Can you configure the strap to be a loop so you won't loose the watch if the buckle comes undone? Its not worth the price if one of the springbars pops off or the buckle comes off. That why I just bought the Erika MN so I can use it for sports and in the water and not worry about losing my watch.


----------



## Hose A

WatchDialOrange said:


> Can you configure the strap to be a loop so you won't loose the watch if the buckle comes undone? Its not worth the price if one of the springbars pops off or the buckle comes off. That why I just bought the Erika MN so I can use it for sports and in the water and not worry about losing my watch.


I'll find out when it gets here


----------



## Rice and Gravy

Whoops, meant this for the other thread.


----------



## Tohono Rat

Hose A said:


> Another member posted a new strapmaker they had found called The Watch Steward who has the same straps for $28 shipped.


Actually, no. As I explained in that other thread (https://www.watchuseek.com/f222/watch-steward-straps-new-mn-straps-4763841.html), they are not the *same*. I am not saying that they are bad in any way. But they are different designs. Erika's has a patent on her design/function, as well as a trademark on "MN" for straps.

Are they decent straps? Quite possibly. But they are not the same.


----------



## Hose A

Very true. I was simply saying if you liked one design/function over the other, you can make it function however you want since you will have all the materials right there in hand. At least that's the assumption I'm operating under until I get it in hand and see otherwise.


----------



## scorpius73

The last thing I need is another strap but this thread has me thinking I want a MN strap. I have the strap from Watch Gecko. It is very long and it always comes loose out the keeper when I fold it under.


----------



## SpaceCadet65

I just ordered an EO strap in Navy with an Orange stripe. My new company's colors. I have to see what all of the fuss is about. I've seen Erika in some YouTube videos and she is certainly a very charming and likable sort. If the quality is what others have stated, it will be worth the premium price. For me, this whole watch thing is just a hobby. Part of the allure is having different kinds of products. Supporting small companies is also gratifying.


----------



## Hose A

househalfman said:


> I received the lumed version last week and wore it last weekend. While it's super nice, the only reason why I paid as much as I did was because no one else offer the same material as far as I know. Otherwise I don't think it's worth more than $50 delivered to the US.
> 
> I hope someone comes out with a similar offering for a fraction of what she's asking for by the time I'm ready to buy the trident version in a few months.

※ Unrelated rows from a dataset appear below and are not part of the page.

-- ===== src/Manager/Backend/Order.antt =====
-- src/sandbox_manager/docker_backend.py: the order of removing a Sandbox's container and of giving its
-- Workspace up, which `finish_sandbox` does.
pub mod Gone
use mathlib.Core.Path.{subst}
use litellm_gateway.Prelude.{sym, ◌||◌, String, ◌≡◌, refl, Bool, true, false, Option, none, some}
use litellm_gateway.Prelude.{if◌then◌else◌, ◌==◌, arith, ap, eq_refl, fun_ext}
use litellm_gateway.Prelude.Json.{Json, str, Fields, get}
use litellm_gateway.Manager.State.{
  Workspace, Sandbox, Result, ok, err, not_found, conflict, integrity, assertion,
}
use litellm_gateway.Manager.Backend.Startup.{
  finish_of, finish_found, finish_reconciled_sandbox, remove_runtime, remove_orphan, finish_removed,
  discard,
}
use litellm_gateway.Manager.Program.{
  Listed, TableCall, lookup_record, put_record, extend_record, all_records,
}
use litellm_gateway.Manager.State.History.{
  Call, creates, deletes, schedules, transitions, claims, marks, renews, finishes, opens, updates,
  commits, consumes,
}
use litellm_gateway.Manager.Program.{
  Error, missing, key_error, Reply, replied, failed, Command, stores, docker, container_create,
  container_remove, Answer, Program, done, raises, call, ◌>>=◌, ◌>>◌, rescue, Told, DockerCall,
}
use litellm_gateway.Manager.Program.Only.{Only, command-Only, answered-Only, only_rules}
use litellm_gateway.Manager.Backend.{
  Environment, is_docker_not_found, is_backend_error, remove_container,
}
use litellm_gateway.Manager.Backend.Sandboxes.{
  terminate_record, SandboxInfo, finish_failed_creation,
}
use litellm_gateway.Manager.Backend.Creation.{undo_container, keep_expired}
use litellm_gateway.Manager.Program.{
  SandboxRecord, is_exception, or_fail, cancelled, out_of_turns, state_error, workspace_not_found,
  sandbox_not_found, operation_not_found, authorization_error, conflict_error, execution_error,
  other_error, spawns, reads, looks, runner, clock, loop_time, fresh_hex, sleeps, acquires,
  releases, volume_create, container_start, container_reload, container_logs, container_list,
  network_get, network_connect, image_get, docker_info, volume_get, volume_remove, dockered, look,
  pop_record, rescue_if, backend_error,
}
use litellm_gateway.Manager.Program.Only.{
  dockered-Only, look-Only, store-Only, then-Only, done-Only, suppress-Only, bind-Only, now-Only,
  raises-Only,
}
use litellm_gateway.Manager.Backend.Volumes.{remove_volume}
use litellm_gateway.Manager.Backend.Storing.{
  ignore, finish_sandbox, delete_workspace, delete_unless_used,
}
use litellm_gateway.Manager.Backend.{get_record, found_record}
use litellm_gateway.Manager.Backend.Sandboxes.{release_files}

-- Is there no container, after the removal of one or before the creation?
abbrev pub confirms : Reply (Unit {0}) → Bool
confirms (replied u) = true
confirms (failed (missing text)) = true
confirms (failed e) = false

abbrev is_created : Reply String → Bool → Bool
is_created (replied container) gone = false
is_created (failed e) gone = gone

-- Is the container `c` gone, after an answer?
abbrev gone_told : String → (d : DockerCall) → Bool → Reply (Told d) → Bool
gone_told c (container_remove d) gone x = if d == c then confirms x || gone else gone
gone_told c (container_create image spec) gone x = is_created x gone
gone_told c d gone x = gone

abbrev gone_after : String → (command : Command) → Bool → Answer command → Bool
gone_after c (docker d) gone x = gone_told c d gone x
gone_after c _ gone x = gone

abbrev Ready : Bool → Call → Type 0
Ready gone (finishes sid status workspace_status timestamp) = gone ≡ true
Ready gone (deletes workspace_id) = gone ≡ true
Ready gone _ = Unit

abbrev Unused : Bool → DockerCall → Type 0
Unused gone (volume_remove name) = gone ≡ true
Unused gone _ = Unit

abbrev Forgets : Bool → TableCall → Type 0
Forgets gone (pop_record sandbox_id container) = gone ≡ true
Forgets gone _ = Unit

-- A command that gives something of a Sandbox up - its row, its Workspace's row, a volume or its
-- record - only where its container is gone.
abbrev May : Bool → Command → Type 0
May gone (stores c) = Ready gone c
May gone (docker d) = Unused gone d
May gone (looks t) = Forgets gone t
May gone _ = Unit

-- A program that gives a Sandbox up only once the container `c` is gone, whatever the answers are.
pub IsOrderly : {A : Type 0} → String → Bool → Program A → Type 0
IsOrderly c gone (done a) = Unit
IsOrderly c gone (raises e) = Unit
IsOrderly c gone (call command k) =
    May gone command × ((x : Answer command) → IsOrderly c (gone_after c command gone x) (k x))

-- A command that creates no container.
abbrev pub NotCreating : DockerCall → Type 0
NotCreating (container_create image spec) = ⊥
NotCreating _ = Unit

abbrev pub Removing : Command → Type 0
Removing (docker d) = NotCreating d
Removing _ = Unit

stays_gone : (h : String) (c : Command) → Removing c → (x : Answer c) → gone_after h c true x ≡ true
stays_gone c (stores d) h x = refl
stays_gone c (docker (container_remove d)) h x = either_true (d == c) (confirms x)
  where
    either_true : (b y : Bool) → (if b then y || true else true) ≡ true
    either_true b y = ground arith
stays_gone c (docker (container_create image spec)) h x = elim h [ ]
stays_gone c (docker (volume_create n labels)) h x = refl
stays_gone c (docker (volume_get n)) h x = refl
stays_gone c (docker (volume_remove n)) h x = refl
stays_gone c (docker (container_start n)) h x = refl
stays_gone c (docker (container_reload n)) h x = refl
stays_gone c (docker (container_logs n)) h x = refl
stays_gone c (docker container_list) h x = refl
stays_gone c (docker (network_get n)) h x = refl
stays_gone c (docker (network_connect n d)) h x = refl
stays_gone c (docker (image_get n)) h x = refl
stays_gone c (docker docker_info) h x = refl
stays_gone c (reads q) h x = refl
stays_gone c (looks t) h x = refl
stays_gone c (runner r) h x = refl
stays_gone c clock h x = refl
stays_gone c loop_time h x = refl
stays_gone c fresh_hex h x = refl
stays_gone c sleeps h x = refl
stays_gone c (acquires j) h x = refl
stays_gone c (releases j) h x = refl
stays_gone c (spawns t) h x = refl

Ready-gone : (c : Call) → Ready true c
Ready-gone (finishes a b c t) = refl
Ready-gone (creates a b c t) = tt
Ready-gone (deletes a) = refl
Ready-gone (schedules a t u) = tt
Ready-gone (transitions a b c t) = tt
Ready-gone (claims a b c d t u) = tt
Ready-gone (marks a t) = tt
Ready-gone (renews a t) = tt
Ready-gone (opens a b c d e f t) = tt
Ready-gone (updates a b c d e t) = tt
Ready-gone (commits a b c d e t) = tt
Ready-gone (consumes a t u) = tt

Unused-gone : (d : DockerCall) → Unused true d
Unused-gone (volume_remove n) = refl
Unused-gone (container_remove d) = tt
Unused-gone (container_create image spec) = tt
Unused-gone (volume_create n labels) = tt
Unused-gone (volume_get n) = tt
Unused-gone (container_start n) = tt
Unused-gone (container_reload n) = tt
Unused-gone (container_logs n) = tt
Unused-gone container_list = tt
Unused-gone (network_get n) = tt
Unused-gone (network_connect n d) = tt
Unused-gone (image_get n) = tt
Unused-gone docker_info = tt

Forgets-gone : (t : TableCall) → Forgets true t
Forgets-gone (pop_record sandbox_id container) = refl
Forgets-gone (lookup_record sandbox_id) = tt
Forgets-gone (put_record record_) = tt
Forgets-gone (extend_record sandbox_id till) = tt
Forgets-gone all_records = tt

May-gone : (c : Command) → May true c
May-gone (stores c) = Ready-gone c
May-gone (docker d) = Unused-gone d
May-gone (reads q) = tt
May-gone (looks t) = Forgets-gone t
May-gone (runner r) = tt
May-gone clock = tt
May-gone loop_time = tt
May-gone fresh_hex = tt
May-gone sleeps = tt
May-gone (acquires j) = tt
May-gone (releases j) = tt
May-gone (spawns t) = tt

-- With the container gone, a program that creates none is in order.
pub removed-IsOrderly :
    {A : Type 0} (c : String) (m : Program A) → Only Removing m → IsOrderly c true m
unfolding IsOrderly
removed-IsOrderly c (done a) h = tt
removed-IsOrderly c (raises e) h = tt
removed-IsOrderly c (call command k) h = (
  May-gone command,
  λ x.
      subst (λ gone. IsOrderly c gone (k x))
        (sym (stays_gone c command (command-Only command k h) x))
        (removed-IsOrderly c (k x) (answered-Only command k h x)),
)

Looks like TheWatchSteward just did. Mine should arrive Tuesday and I'll give a report.


----------



## househalfman

Hose A said:


> Looks like TheWatchSteward just did. Mine should arrive Tuesday and I'll give a report.

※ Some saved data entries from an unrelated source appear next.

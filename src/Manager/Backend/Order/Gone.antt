-- ===== src/Manager/Backend/Order/Gone.antt =====
-- `terminate`, the handler of `create` and the start-up of src/sandbox_manager/docker_backend.py give a
-- Sandbox up after its container is gone.
use mathlib.Core.Path.{subst}
use litellm_gateway.Prelude.{sym, ◌||◌, String, ◌≡◌, refl, Bool, false, Option, none, some}
use litellm_gateway.Prelude.{if◌then◌else◌, ◌==◌, ap, eq_refl, fun_ext}
use litellm_gateway.Prelude.Json.{Json, str, Fields, get}
use litellm_gateway.Manager.State.{
  Workspace, Sandbox, Result, ok, err, not_found, conflict, integrity, assertion,
}
use litellm_gateway.Manager.Backend.Startup.{
  finish_of, finish_found, finish_reconciled_sandbox, remove_runtime, remove_orphan, finish_removed,
  discard,
}
use litellm_gateway.Manager.Program.{Listed}
use litellm_gateway.Manager.State.History.{deletes, finishes}
use litellm_gateway.Manager.Program.{
  Error, missing, key_error, Reply, replied, failed, Program, done, raises, call, ◌>>=◌, ◌>>◌,
  rescue, DockerCall,
}
use litellm_gateway.Manager.Program.Only.{Only, only_rules}
use litellm_gateway.Manager.Backend.{
  Environment, is_docker_not_found, is_backend_error, remove_container,
}
use litellm_gateway.Manager.Backend.Sandboxes.{
  terminate_record, SandboxInfo, finish_failed_creation,
}
use litellm_gateway.Manager.Backend.Creation.{undo_container, keep_expired}
use litellm_gateway.Manager.Program.{
  SandboxRecord, is_exception, or_fail, cancelled, out_of_turns, state_error, workspace_not_found,
  sandbox_not_found, operation_not_found, authorization_error, conflict_error, execution_error,
  other_error, volume_get, volume_remove, dockered, look, pop_record, rescue_if, backend_error,
}
use litellm_gateway.Manager.Program.Only.{
  dockered-Only, look-Only, store-Only, then-Only, done-Only, suppress-Only, bind-Only, now-Only,
  raises-Only,
}
use litellm_gateway.Manager.Backend.Volumes.{remove_volume}
use litellm_gateway.Manager.Backend.Storing.{
  ignore, finish_sandbox, delete_workspace, delete_unless_used,
}
use litellm_gateway.Manager.Backend.Sandboxes.{release_files}
use litellm_gateway.Manager.Backend.Order.{
  confirms, IsOrderly, NotCreating, Removing, removed-IsOrderly,
}

asked-Removing : (d : DockerCall) → NotCreating d → Only Removing (dockered d)
asked-Removing d h = dockered-Only d h

remove_volume-Removing : (name : String) → Only Removing (remove_volume name)
unfolding remove_volume
remove_volume-Removing name =
    suppress-Only _ _
      (then-Only _ _ (asked-Removing (volume_get name) tt) (asked-Removing (volume_remove name) tt))

finish_sandbox-Removing :
    (sandbox_id status workspace_status : String)
    → Only Removing (finish_sandbox sandbox_id status workspace_status)
unfolding finish_sandbox ignore
finish_sandbox-Removing sandbox_id status workspace_status = suppress-Only _ _ (
    bind-Only _ _
      (bind-Only _ _ (now-Only tt)
        (λ timestamp. store-Only (finishes sandbox_id status workspace_status timestamp) tt))
      (λ w. done-Only tt))

delete_unless_used-Removing :
    (workspace_id : String) → Only Removing (delete_unless_used workspace_id)
unfolding delete_unless_used delete_workspace
delete_unless_used-Removing workspace_id = suppress-Only _ _ (store-Only (deletes workspace_id) tt)

ruleset removing_rules =
    (only_rules, remove_volume-Removing, finish_sandbox-Removing, delete_unless_used-Removing)

finish_failed_creation-Removing :
    (sandbox_id : String) (workspace : Workspace)
    → Only Removing (finish_failed_creation sandbox_id workspace)
unfolding finish_failed_creation
finish_failed_creation-Removing sandbox_id workspace = search removing_rules

release_files-Removing :
    (env : Environment) (record_ : SandboxRecord) → Only Removing (release_files env record_)
unfolding release_files
release_files-Removing env record_ = search removing_rules

-- The removal of a container, with its answer.
unfoldable removal_told : Reply (Unit {0}) → Program (Unit {0})
removal_told x =
    rescue_if is_exception (rescue_if is_docker_not_found (or_fail x) (λ e. done tt))
      (λ e. raises (backend_error "Failed to remove Sandbox"))

told-IsOrderly :
    {A : Type 0} (c : String) (x : Reply (Unit {0})) (rest : Program A)
    → Only Removing rest
    → IsOrderly c (confirms x || false) (removal_told x >> rest)
unfolding IsOrderly removal_told rescue_if rescue ◌>>=◌ ◌>>◌
told-IsOrderly c (replied u) rest h = removed-IsOrderly c rest h
told-IsOrderly c (failed (missing text)) rest h = removed-IsOrderly c rest h
told-IsOrderly c (failed (key_error t)) rest h = tt
told-IsOrderly c (failed (state_error f)) rest h = tt
told-IsOrderly c (failed workspace_not_found) rest h = tt
told-IsOrderly c (failed (sandbox_not_found t)) rest h = tt
told-IsOrderly c (failed operation_not_found) rest h = tt
told-IsOrderly c (failed (authorization_error t)) rest h = tt
told-IsOrderly c (failed (conflict_error t)) rest h = tt
told-IsOrderly c (failed (backend_error t)) rest h = tt
told-IsOrderly c (failed (execution_error t)) rest h = tt
told-IsOrderly c (failed (other_error t)) rest h = tt
told-IsOrderly c (failed cancelled) rest h = tt
told-IsOrderly c (failed out_of_turns) rest h = tt

same_container : (c : String) (y : Bool) → (if c == c then y || false else false) ≡ (y || false)
same_container c y = rw (eq_refl c) refl

-- What follows the removal of a container is in order, whatever the removal is answered.
removal-IsOrderly :
    {A : Type 0} (container : String) (rest : Program A)
    → Only Removing rest
    → IsOrderly container false (remove_container container >> rest)
unfolding IsOrderly remove_container dockered rescue_if rescue ◌>>=◌ ◌>>◌ removal_told
removal-IsOrderly container rest h = (
  tt,
  λ x.
      subst (λ gone. IsOrderly container gone (removal_told x >> rest))
        (sym (same_container container (confirms x))) (told-IsOrderly container x rest h),
)

kept-IsOrderly :
    {A : Type 0} (c : String) (x : Reply (Unit {0})) (record_ : SandboxRecord) (rest : Program A)
    → Only Removing rest
    → IsOrderly c
        (confirms x || false)
        (rescue_if is_backend_error (removal_told x) (λ f. keep_expired record_) >> rest)
unfolding IsOrderly removal_told keep_expired look rescue_if rescue ◌>>=◌ ◌>>◌
kept-IsOrderly c (replied u) record_ rest h = removed-IsOrderly c rest h
kept-IsOrderly c (failed (missing text)) record_ rest h = removed-IsOrderly c rest h
kept-IsOrderly c (failed (key_error t)) record_ rest h = (tt, λ u. tt)
kept-IsOrderly c (failed (state_error f)) record_ rest h = (tt, λ u. tt)
kept-IsOrderly c (failed workspace_not_found) record_ rest h = (tt, λ u. tt)
kept-IsOrderly c (failed (sandbox_not_found t)) record_ rest h = (tt, λ u. tt)
kept-IsOrderly c (failed operation_not_found) record_ rest h = (tt, λ u. tt)
kept-IsOrderly c (failed (authorization_error t)) record_ rest h = (tt, λ u. tt)
kept-IsOrderly c (failed (conflict_error t)) record_ rest h = (tt, λ u. tt)
kept-IsOrderly c (failed (backend_error t)) record_ rest h = (tt, λ u. tt)
kept-IsOrderly c (failed (execution_error t)) record_ rest h = (tt, λ u. tt)
kept-IsOrderly c (failed (other_error t)) record_ rest h = (tt, λ u. tt)
kept-IsOrderly c (failed cancelled) record_ rest h = tt
kept-IsOrderly c (failed out_of_turns) record_ rest h = tt

record-IsOrderly :
    (env : Environment) (record_ : SandboxRecord)
    → IsOrderly record_.container false (terminate_record env record_)
unfolding terminate_record
record-IsOrderly env record_ = removal-IsOrderly record_.container _ (
    then-Only _ _ (look-Only (pop_record record_.sandbox_id record_.container) tt)
      (search (removing_rules, release_files-Removing)))

undo_container-IsOrderly :
    (workspace : Workspace) (record_ : SandboxRecord) (e : Error)
    → IsOrderly record_.container false (undo_container workspace record_ e)
unfolding IsOrderly undo_container remove_container dockered rescue_if rescue ◌>>=◌ ◌>>◌
    removal_told
undo_container-IsOrderly workspace record_ e = (
  tt,
  λ x.
      subst
        (λ gone. IsOrderly {A = SandboxInfo} record_.container gone (
          rescue_if is_backend_error (removal_told x) (λ f. keep_expired record_)
          >> (finish_failed_creation record_.sandbox_id workspace >> raises e)))
        (sym (same_container record_.container (confirms x)))
        (kept-IsOrderly record_.container x record_ _ (
          then-Only _ _ (finish_failed_creation-Removing record_.sandbox_id workspace)
            (raises-Only e))),
)

finish_of-Removing : (b : Sandbox) (workspace : Workspace) → Only Removing (finish_of b workspace)
unfolding finish_of
finish_of-Removing b workspace = search removing_rules

finish_found-Removing :
    (b : Sandbox) (found : Result Workspace) → Only Removing (finish_found b found)
unfolding finish_found
finish_found-Removing b (ok workspace) = finish_of-Removing b workspace
finish_found-Removing b (err not_found) = search removing_rules
finish_found-Removing b (err conflict) = search removing_rules
finish_found-Removing b (err integrity) = search removing_rules
finish_found-Removing b (err assertion) = search removing_rules

finish_reconciled_sandbox-Removing : (b : Sandbox) → Only Removing (finish_reconciled_sandbox b)
unfolding finish_reconciled_sandbox
finish_reconciled_sandbox-Removing b = search (removing_rules, finish_found-Removing)

remove_runtime-Removing : (v : Json) → Only Removing (remove_runtime v)
unfolding remove_runtime
remove_runtime-Removing (str s) = search removing_rules
remove_runtime-Removing _ = search removing_rules

remove_orphan-Removing :
    (env : Environment) (kind v : Json) → Only Removing (remove_orphan env kind v)
unfolding remove_orphan
remove_orphan-Removing env kind (str s) = search removing_rules
remove_orphan-Removing env kind _ = search removing_rules

finish_removed-Removing :
    (env : Environment) (row : Option Sandbox) (labels : Fields)
    → Only Removing (finish_removed env row labels)
unfolding finish_removed
finish_removed-Removing env none labels = search (removing_rules, remove_orphan-Removing)
finish_removed-Removing env (some b) labels =
    search (removing_rules, finish_reconciled_sandbox-Removing)

bind_assoc :
    {A B C : Type 0} (m : Program A) (f : A → Program B) (g : B → Program C)
    → (m >>= f >>= g) ≡ (m >>= λ a. f a >>= g)
unfolding ◌>>=◌
bind_assoc (done a) f g = refl
bind_assoc (raises e) f g = refl
bind_assoc (call c k) f g = ap (call c) (fun_ext (λ x. bind_assoc (k x) f g))

discard-IsOrderly :
    (env : Environment) (container : Listed) (row : Option Sandbox)
    → IsOrderly container.container false (discard env container row)
unfolding discard ◌>>◌
discard-IsOrderly env container row =
    let label = get "io.litellm-codex-gateway.sandbox-id" container.labels in
    subst (IsOrderly container.container false)
      (sym (
        bind_assoc (remove_container container.container) (λ _. remove_runtime label)
          (λ _. finish_removed env row container.labels)))
      (removal-IsOrderly container.container
        (remove_runtime label >> finish_removed env row container.labels)
        (then-Only _ _ (remove_runtime-Removing label)
          (finish_removed-Removing env row container.labels)))

-- Three ways to give a Sandbox up wait until its own container is gone: `terminate` with the record that
-- it found, the handler of `create` where there is a container, and the start-up's removal of a
-- container. Whatever Docker, the store and the table answer, the row of the Sandbox is finished, the row
-- of its Workspace deleted, a volume removed and the record popped only after Docker has removed that
-- very container, or has said that it does not exist; a refused or cancelled removal leaves all of them.
pub container_gone_first :
    (env : Environment) (workspace : Workspace) (record_ : SandboxRecord) (e : Error)
    (container : Listed) (row : Option Sandbox)
    → IsOrderly record_.container false (terminate_record env record_)
      × IsOrderly record_.container false (undo_container workspace record_ e)
      × IsOrderly container.container false (discard env container row)
container_gone_first env workspace record_ e container row = (
  record-IsOrderly env record_,
  undo_container-IsOrderly workspace record_ e,
  discard-IsOrderly env container row,
)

Yup, I'm following that thread closely. I'm getting one of the browns for sure once it becomes available in 20mm.


----------



## lookatthethyme

I've cracked and ordered one for the speedy. It seems after the straps in space stories were published she is a little inundated with orders, anyone else currently waiting for one? I ordered 10 days ago at this point and am still waiting to get the shipping confirmation.


----------



## Snaggletooth

lookatthethyme said:


> I've cracked and ordered one for the speedy. It seems after the straps in space stories were published she is a little inundated with orders, anyone else currently waiting for one? I ordered 10 days ago at this point and am still waiting to get the shipping confirmation.


Same boat - ordered 31 July, still awaiting shipping.


----------



## DuckaDiesel

lookatthethyme said:


> I've cracked and ordered one for the speedy. It seems after the straps in space stories were published she is a little inundated with orders, anyone else currently waiting for one? I ordered 10 days ago at this point and am still waiting to get the shipping confirmation.


She sometimes forgets to send you tracking after shipping.
I would shoot her an email.
I bought 4 from her so far and she shipped them out within a week.


----------



## lookatthethyme

DuckaDiesel said:


> She sometimes forgets to send you tracking after shipping.
> I would shoot her an email.
> I bought 4 from her so far and she shipped them out within a week.


Thanks for the suggestion, I'll do that. I did read that she has been a little swamped the past few weeks.


----------



## Snaggletooth

Snaggletooth said:


> Same boat - ordered 31 July, still awaiting shipping.


Email Rx tonight - straps shipped yesterday. Happy days.


----------



## Tohono Rat

Remember... patience is a virtue. And when a one-woman shop gets lots of good publicity, it may take a bit of time to catch up. Worth it though.


----------



## dr3ws

After hearing about it from friends and reading 20+ pages here, I'm thinking of getting one for my BB black bezel 41mm, I'm leaning toward the original with red stitching or black ops with red stitching, thoughts?


----------



## Snaggletooth

Snaggletooth said:


> Email Rx tonight - straps shipped yesterday. Happy days.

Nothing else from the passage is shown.